EBER, ê'ber, PAUL: German theologian and Reformer; b. at Kitzingen (11 m. e.s.e. of Würzburg) Nov. 8, 1511; d. at Wittenberg Dec. 10, 1569. He received his first education at home, and attended the schools of Nuremberg, then entered the University of Wittenberg on June 1, 1532, where his teachers were Luther and Melanchthon, and in 1537 was made a member of the faculty, being appointed regular professor four years later, first of Latin and then of physics. His lectures comprised the wide range of the liberal arts, although his chief attention was devoted to Latin, history, natural agents, and even to anatomy. A versatile literary activity was the result. With the aid of Melanchthon he wrote his Contexta populi Judaici historia a reditu ex Babylonico exilio usque ad ultimum ex cidium Hierosolymæ (Wittenberg, 1548), and with Kasper Peucer he prepared his Vocabula rei nummariæ . .. volucrum et piscium appellationes (1549). His most famous work is his Calendarium historicum (1550), written in collaboration with Melanchthon and containing a reformed calendar of the saints with a historical calendar.

 

Eber's firm attitude during the Schmalkald War of 1546-47 won him the admiration of his colleagues, and on June 21, 1557, he succeeded Johann Forster as professor of the Old Testament and preacher at the Schlosskirche. He accompanied Melanchthon to the Colloquy of Worms and acted as secretary, but returned from Worms at Christmas, and succeeded Bugenhagen as municipal preacher and general superintendent of the electoral circuit, Sept. 4, 1558. When Melanchthon died in 1560, his course of lectures was completed by Eber, who, as professor of the Old Testament, was invited by the Elector August to revise the Vulgate of the Old Testament for the Biblia Germanico-Latina (1565). He was obliged, however, to complete his work in a year and a half, and he was little pleased with his results. As a preacher he is best known by two volumes published after his death by his pupils, the Evangeliorum dominicalium explicatio (ed. J. Cellarius, Frankfort, 1576) and the Katechismuspredigten (ed. T. Feurelius, Nuremberg, 1577). His most bitter struggles were connected with the controversies on the nature of the Eucharist. Like Melanchthon, he rejected the ubiquitarianism of Brenz, and frequently approximated the Calvinistic view.
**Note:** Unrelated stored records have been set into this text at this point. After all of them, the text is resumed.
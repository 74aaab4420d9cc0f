-- ===== src/Wal/Entries.antt =====
-- One entry of the log of storage/store/wal_file.go and storage/store/wal_reader.go: written, then
-- read.
use equinoxdb.Values.{size}
use equinoxdb.Base.{zero, suc}
use equinoxdb.Base.{ℕ, ◌^◌, ◌<◌, ◌≡◌, refl, ap, ◌∙◌, ◌≢◌, false, List, [], ◌∷◌, ◌++◌}
use equinoxdb.Base.{append_assoc, arith, ltb, le→ltb, length, length-append, take-append}
use equinoxdb.Base.{drop-append}
use equinoxdb.Bytes.{Bytes}
use equinoxdb.Wal.DeleteTrips.{AreLines, unmarshal_delete-encode_delete, AllSized}
use equinoxdb.Wal.DeleteTrips.{unmarshal_delete_range-encode_delete_range}
use equinoxdb.Wal.Deletes.{encode_delete_range}
use equinoxdb.Wal.Fields.{checked_then, one_byte}
use equinoxdb.Wal.Log.{Snappy, WalEntry, write_entry, delete_entry, delete_range_entry}
use equinoxdb.Wal.Log.{type_byte, encode_entry, unmarshal_entry, zero_bytes, frame, next_entry}
use equinoxdb.Wal.Outcome.{ok, failed}
use equinoxdb.Wal.RoundTrip.{IsEntry, unmarshal_writes-encode_writes}
use equinoxdb.Words.{be_bytes, read_word}

-- What can be read back: encodable values under distinct keys, lines as keys of a delete entry,
-- and keys of a delete-range entry that are no longer than four bytes can tell.
abbrev pub IsLoggable : WalEntry → Type 0
IsLoggable (write_entry m) = IsEntry m
IsLoggable (delete_entry []) = ⊥
IsLoggable (delete_entry (k ∷ ks)) = AreLines (k ∷ ks) × (k ∷ ks ≢ [] ∷ [])
IsLoggable (delete_range_entry ks min max) = AllSized ks × (min < 2 ^ 64) × (max < 2 ^ 64)

-- An entry of any kind that can be read back is encoded, and the reader's switch on its type byte
-- decodes it.
pub unmarshal_entry-encode_entry :
    (e : WalEntry)
    → IsLoggable e
    → (b : List ℕ) × (encode_entry e ≡ ok b) × (unmarshal_entry (type_byte e) b ≡ ok e)
unfolding encode_entry unmarshal_entry type_byte
unmarshal_entry-encode_entry (write_entry m) h =
    let (b, done, size, back) = unmarshal_writes-encode_writes m h in (b, done, rw back refl)
unmarshal_entry-encode_entry (delete_entry []) h = absurd h
unmarshal_entry-encode_entry (delete_entry (k ∷ ks)) h =
    let (b, done, back) = unmarshal_delete-encode_delete k ks h.0 h.1 in
    (b, done, ap (λ (r : List Bytes). ok (delete_entry r)) back)
unmarshal_entry-encode_entry (delete_range_entry ks min max) h = (
  encode_delete_range ks min max,
  refl,
  rw (unmarshal_delete_range-encode_delete_range ks min max h.0 h.1 h.2) refl,
)

module _ (s : Snappy) where
  -- The bytes of an entry in the file.
  abbrev pub framed : WalEntry → List ℕ → List ℕ
  framed e b = frame s (type_byte e) b ++ s.encode b

  type_byte-lt : (e : WalEntry) → type_byte e < 256
  unfolding type_byte
  type_byte-lt (write_entry m) = omega arith
  type_byte-lt (delete_entry ks) = omega arith
  type_byte-lt (delete_range_entry ks min max) = omega arith

  pub next_entry-framed :
      (e : WalEntry) (b rest : List ℕ)
      → unmarshal_entry (type_byte e) b ≡ ok e
      → length (s.encode b) < 2 ^ 32
      → next_entry s (framed e b ++ rest) ≡ ok (e, rest)
  unfolding frame next_entry
  next_entry-framed e b rest back small =
      let c = s.encode b in
      let whole : framed e b ++ rest
          ≡ be_bytes 1 (type_byte e) ++ (be_bytes 4 (length c) ++ (c ++ rest)) =
        ap (◌∷◌ (type_byte e)) (append_assoc (be_bytes 4 (length c)) c rest)
        ∙ one_byte (type_byte e) (be_bytes 4 (length c) ++ (c ++ rest)) (type_byte-lt e) in
      let room : ltb (length (c ++ rest)) (length c) ≡ false =
        le→ltb _ _ (omega (arith, length-append c rest)) in
      ap (next_entry s) whole
      ∙ checked_then 1 _ _ _ (type_byte-lt e)
      ∙ checked_then 4 _ _ _ small
      ∙ rw (room, take-append c rest, drop-append c rest, s.decode-encode b, back) refl

  next_entry-header :
      (rest : List ℕ) → next_entry s (be_bytes 1 0 ++ (be_bytes 4 0 ++ rest)) ≡ failed
  unfolding next_entry
  next_entry-header rest =
      checked_then 1 0 _ _ (omega arith)
      ∙ checked_then 4 0 rest _ (omega arith)
      ∙ rw (le→ltb (length rest) 0 (omega arith), s.decode_nil) refl

  -- On zeros, or no bytes, the reader stops.
  pub next_entry-zero_bytes : (n : ℕ) → next_entry s (zero_bytes n) ≡ failed
  unfolding be_bytes
  next_entry-zero_bytes zero = unfold next_entry read_word in refl
  next_entry-zero_bytes (suc zero) = unfold next_entry read_word in refl
  next_entry-zero_bytes (suc (suc zero)) = unfold next_entry read_word in refl
  next_entry-zero_bytes (suc (suc (suc zero))) = unfold next_entry read_word in refl
  next_entry-zero_bytes (suc (suc (suc (suc zero)))) = unfold next_entry read_word in refl
  next_entry-zero_bytes (suc (suc (suc (suc (suc n))))) = next_entry-header (zero_bytes n)
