-- ===== src/Wal/Replay.antt =====
-- The log of storage/store/wal_file.go, written entry by entry, as storage/store/wal_reader.go reads
-- it back.
use equinoxdb.Base.{zero, refl, sym, ap, ◌∙◌, append-nil}
use equinoxdb.Wal.Appends.{AreZeros-zero_bytes, zero_bytes_lem}
use equinoxdb.Wal.Entries.{unmarshal_entry-encode_entry, next_entry-framed}
use equinoxdb.Wal.Entries.{next_entry-zero_bytes}
use equinoxdb.Wal.Log.{unmarshal_entry, zero_bytes, next_entry, read_on}
use equinoxdb.Wal.Outcome.{>>=-Parts}
use equinoxdb.Words.{length-be_bytes}
use equinoxdb.Base.{ℕ, suc, ◌+◌, ◌^◌, ◌<◌, ◌≡◌, subst, List, [], ◌∷◌, ◌++◌, append_assoc, arith}
use equinoxdb.Base.{length, All, length-append}
use equinoxdb.Base.Bisect.{front}
use equinoxdb.Wal.Appends.{AreZeros, Holds, write_bytes-Holds}
use equinoxdb.Wal.Entries.{IsLoggable, framed}
use equinoxdb.Wal.Log.{Snappy, WalEntry, type_byte, encode_entry, WalFile, frame}
use equinoxdb.Wal.Log.{write_entry_to_wal, read_log}
use equinoxdb.Wal.Outcome.{Outcome, ok}
use equinoxdb.Wal.Outcome.{◌>>=◌}

abbrev pub AreLoggable : List WalEntry → Type 0
AreLoggable = All IsLoggable

module _ (s : Snappy) where
  -- The bytes of a run of entries.
  unfoldable pub log_bytes : List WalEntry → Outcome (List ℕ)
  log_bytes [] = ok []
  log_bytes (e ∷ es) = do b ← encode_entry e; r ← log_bytes es; ok (framed s e b ++ r)

  -- A run of calls that append entries.
  unfoldable pub write_all : WalFile → List WalEntry → Outcome WalFile
  write_all f [] = ok f
  write_all f (e ∷ es) = do g ← write_entry_to_wal s f e; write_all g es

  pub write_entry_to_wal-Holds :
      (f : WalFile) (front : List ℕ) (e : WalEntry) (b : List ℕ)
      → encode_entry e ≡ ok b
      → Holds f front
      → length front + length (framed s e b) < 2 ^ 32
      → (g : WalFile) × (write_entry_to_wal s f e ≡ ok g) × Holds g (front ++ framed s e b)
  unfolding write_entry_to_wal
  write_entry_to_wal-Holds f front e b done h small =
      let head = frame s (type_byte e) b in
      let size = length-append head (s.encode b) in
      let (g, first, held) = write_bytes-Holds f front head h (omega (arith, size)) in
      let (k, second, last) =
        write_bytes-Holds g (front ++ head) (s.encode b) held
          (omega (arith, size, length-append front head)) in
      (k, rw (done, first) second, subst (Holds k) (append_assoc front head (s.encode b)) last)

  -- What reading the log gives: the entries, and zeros from the position on.
  abbrev pub ReadsBack : WalFile → List WalEntry → Type 0
  ReadsBack g es =
      (rest : List ℕ) × (read_log s (suc (length g.bytes)) g.bytes ≡ ok (es, rest))
      × (g.pos + length rest ≡ length g.bytes)
      × AreZeros rest

  pub log_bytes-cons :
      (e : WalEntry) (es : List WalEntry) (l : List ℕ)
      → log_bytes (e ∷ es) ≡ ok l
      → (b : List ℕ) × (r : List ℕ) × (encode_entry e ≡ ok b)
        × (log_bytes es ≡ ok r)
        × (framed s e b ++ r ≡ l)
  unfolding log_bytes
  log_bytes-cons e es l h =
      let (b, first, tail) = >>=-Parts (encode_entry e) _ h in
      let (r, second, last) = >>=-Parts (log_bytes es) _ tail in (b, r, first, second, cc)

  -- A round of the loop around `Next`.
  read_log_round :
      (fuel : ℕ) (e : WalEntry) (es : List WalEntry) (b rest z : List ℕ)
      → next_entry s b ≡ ok (e, rest)
      → read_log s fuel rest ≡ ok (es, z)
      → read_log s (suc fuel) b ≡ ok (e ∷ es, z)
  unfolding read_log
  read_log_round fuel e es b rest z h k = ap (read_on s b (read_log s fuel)) h ∙ rw k refl

  read_log_stop : (fuel : ℕ) (z : List ℕ) → AreZeros z → read_log s (suc fuel) z ≡ ok ([], z)
  unfolding read_log
  read_log_stop fuel z h =
      ap (read_on s z (read_log s fuel))
        (ap (next_entry s) (zero_bytes_lem z h) ∙ next_entry-zero_bytes s (length z))

  read_log-log_bytes :
      (fuel : ℕ) (es : List WalEntry) (l z : List ℕ)
      → AreLoggable es
      → log_bytes es ≡ ok l
      → length l < 2 ^ 32
      → AreZeros z
      → length l < fuel
      → read_log s fuel (l ++ z) ≡ ok (es, z)
  unfolding log_bytes frame
  read_log-log_bytes zero es l z h e small zeros enough = absurd (omega arith)
  read_log-log_bytes (suc fuel) [] l z h e small zeros enough =
      let none_at_all : [] ≡ l = cc in
      subst (λ (t : List ℕ). read_log s (suc fuel) (t ++ z) ≡ ok ([], z)) none_at_all
        (read_log_stop fuel z zeros)
  read_log-log_bytes (suc fuel) (e ∷ es) l z h done small zeros enough =
      let (b, r, first, second, whole) = log_bytes-cons e es l done in
      let (b', again, back) = unmarshal_entry-encode_entry e h.0 in
      let same_bytes : b' ≡ b = cc in
      let read_back : unmarshal_entry (type_byte e) b ≡ ok e =
        subst (λ (t : List ℕ). unmarshal_entry (type_byte e) t ≡ ok e) same_bytes back in
      let head = frame s (type_byte e) b in
      let size : length l ≡ 5 + length (s.encode b) + length r = omega (
        arith,
        ap length whole,
        length-append (framed s e b) r,
        length-append head (s.encode b),
        length-be_bytes 4 (length (s.encode b)),
      ) in
      let rest =
        read_log-log_bytes fuel es r z h.1 second (omega (arith, size)) zeros
          (omega (arith, size)) in
      read_log_round fuel e es (l ++ z) (r ++ z) z
        (ap (λ (t : List ℕ). next_entry s (t ++ z)) (sym whole)
          ∙ ap (next_entry s) (append_assoc (framed s e b) r z)
          ∙ next_entry-framed s e b (r ++ z) read_back (omega (arith, size)))
        rest

  write_all-Holds :
      (es : List WalEntry) (f : WalFile) (front l : List ℕ)
      → log_bytes es ≡ ok l
      → Holds f front
      → length front + length l < 2 ^ 32
      → (g : WalFile) × (write_all f es ≡ ok g) × Holds g (front ++ l)
  unfolding write_all log_bytes
  write_all-Holds [] f front l e h small =
      let none_at_all : [] ≡ l = cc in
      (
        f,
        refl,
        subst (λ (t : List ℕ). Holds f (front ++ t)) none_at_all
            (subst (Holds f) (sym (append-nil front)) h),
      )
  write_all-Holds (e ∷ es) f front l done h small =
      let (b, r, first, second, whole) = log_bytes-cons e es l done in
      let size = length-append (framed s e b) r in
      let both = length-append front (framed s e b) in
      let (g, step, held) =
        write_entry_to_wal-Holds f front e b first h (omega (arith, ap length whole, size)) in
      let (k, rest, last) =
        write_all-Holds es g (front ++ framed s e b) r second held
          (omega (arith, ap length whole, size, both)) in
      (
        k,
        rw step rest,
        subst (Holds k) (append_assoc front (framed s e b) r ∙ ap (◌++◌ front) whole) last,
      )

  abbrev pub new_file : ℕ → WalFile
  new_file n = record { pos = 0; size = 0; bytes = zero_bytes n }

  -- Entries that can be read back, appended one by one to a new file of zeros of any length: as
  -- long as their bytes stay below 2^32, every write returns, and the reader gives the entries in
  -- order, stops behind the last one at the zeros that are left, and has counted exactly the bytes
  -- up to the position of the file.
  pub write_all-ReadsBack :
      (n : ℕ) (es : List WalEntry) (l : List ℕ)
      → AreLoggable es
      → log_bytes es ≡ ok l
      → length l < 2 ^ 32
      → (g : WalFile) × (write_all (new_file n) es ≡ ok g) × ReadsBack g es
  write_all-ReadsBack n es l h done small =
      let start : Holds (new_file n) [] = (refl, (zero_bytes n, refl, AreZeros-zero_bytes n)) in
      let (g, written, held) = write_all-Holds es (new_file n) [] l done start (omega arith) in
      let (z, whole, zeros) = held.1 in
      let size = length-append l z in
      (
        g,
        written,
        (
          z,
          subst (λ (t : List ℕ). read_log s (suc (length t)) t ≡ ok (es, z)) (sym whole)
              (read_log-log_bytes (suc (length (l ++ z))) es l z h done small zeros
                (omega (arith, size))),
          omega (arith, held.0, ap length whole, size),
          zeros,
        ),
      )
Peucer later said in reproach of him that he had been convinced of the truth of the Swiss doctrine as early as 1561, but had suddenly become an opponent of the crypto-Calvinists of Wittenberg after the Dresden conference of Mar. 25, 1561. It is indisputable that on that occasion he advocated a confession which harked back to the Wittenberg Concordia, and henceforth taught a modified Lutheranism which he regarded as the true interpretation of the Augsburg Confession, defending his views in his Vom heiligen Sakrament des Leibs und Bluts unsers Herrn Jesu Christi (Wittenberg, 1562), although his course contented neither the Lutherans nor the Reformed. Eber is also famous as an author of hymns, of which the best-known are Herr Jesu Christ, wahr'r Mensch und Gott (" Lord Jesus Christ, true Man and God") and Wenn wir in höchsten Nöthen sein (" When in the hour of utmost need").

(G. KAWERAU.)

 

BIBLIOGRAPHY: Sources of value for a life are in CR, iii.- ix., and in J. Voigt, Briefwechsel der berühmtesten Gelehrten mit Herzog Albrecht, pp. 234 sqq., Königsberg, 1841. Consult also: C. H. Sixt, Dr. Paul Eber, Heidelberg, 1843; idem, Paul Eber. Ein Stück Wittenberger Lebens, Ansbach, 1857; T. Pressel, in Leben and ausgewählte Schritten der vater ... der lutherischen Kirche, vol. viii., Elberfeld, 1862; G. Buchwald, Paul Eber, Leipsic, 1897; J. W. Richard, Philip Melanchthon, passim, New York, 1898; Julian, Hymnology, 318, 9.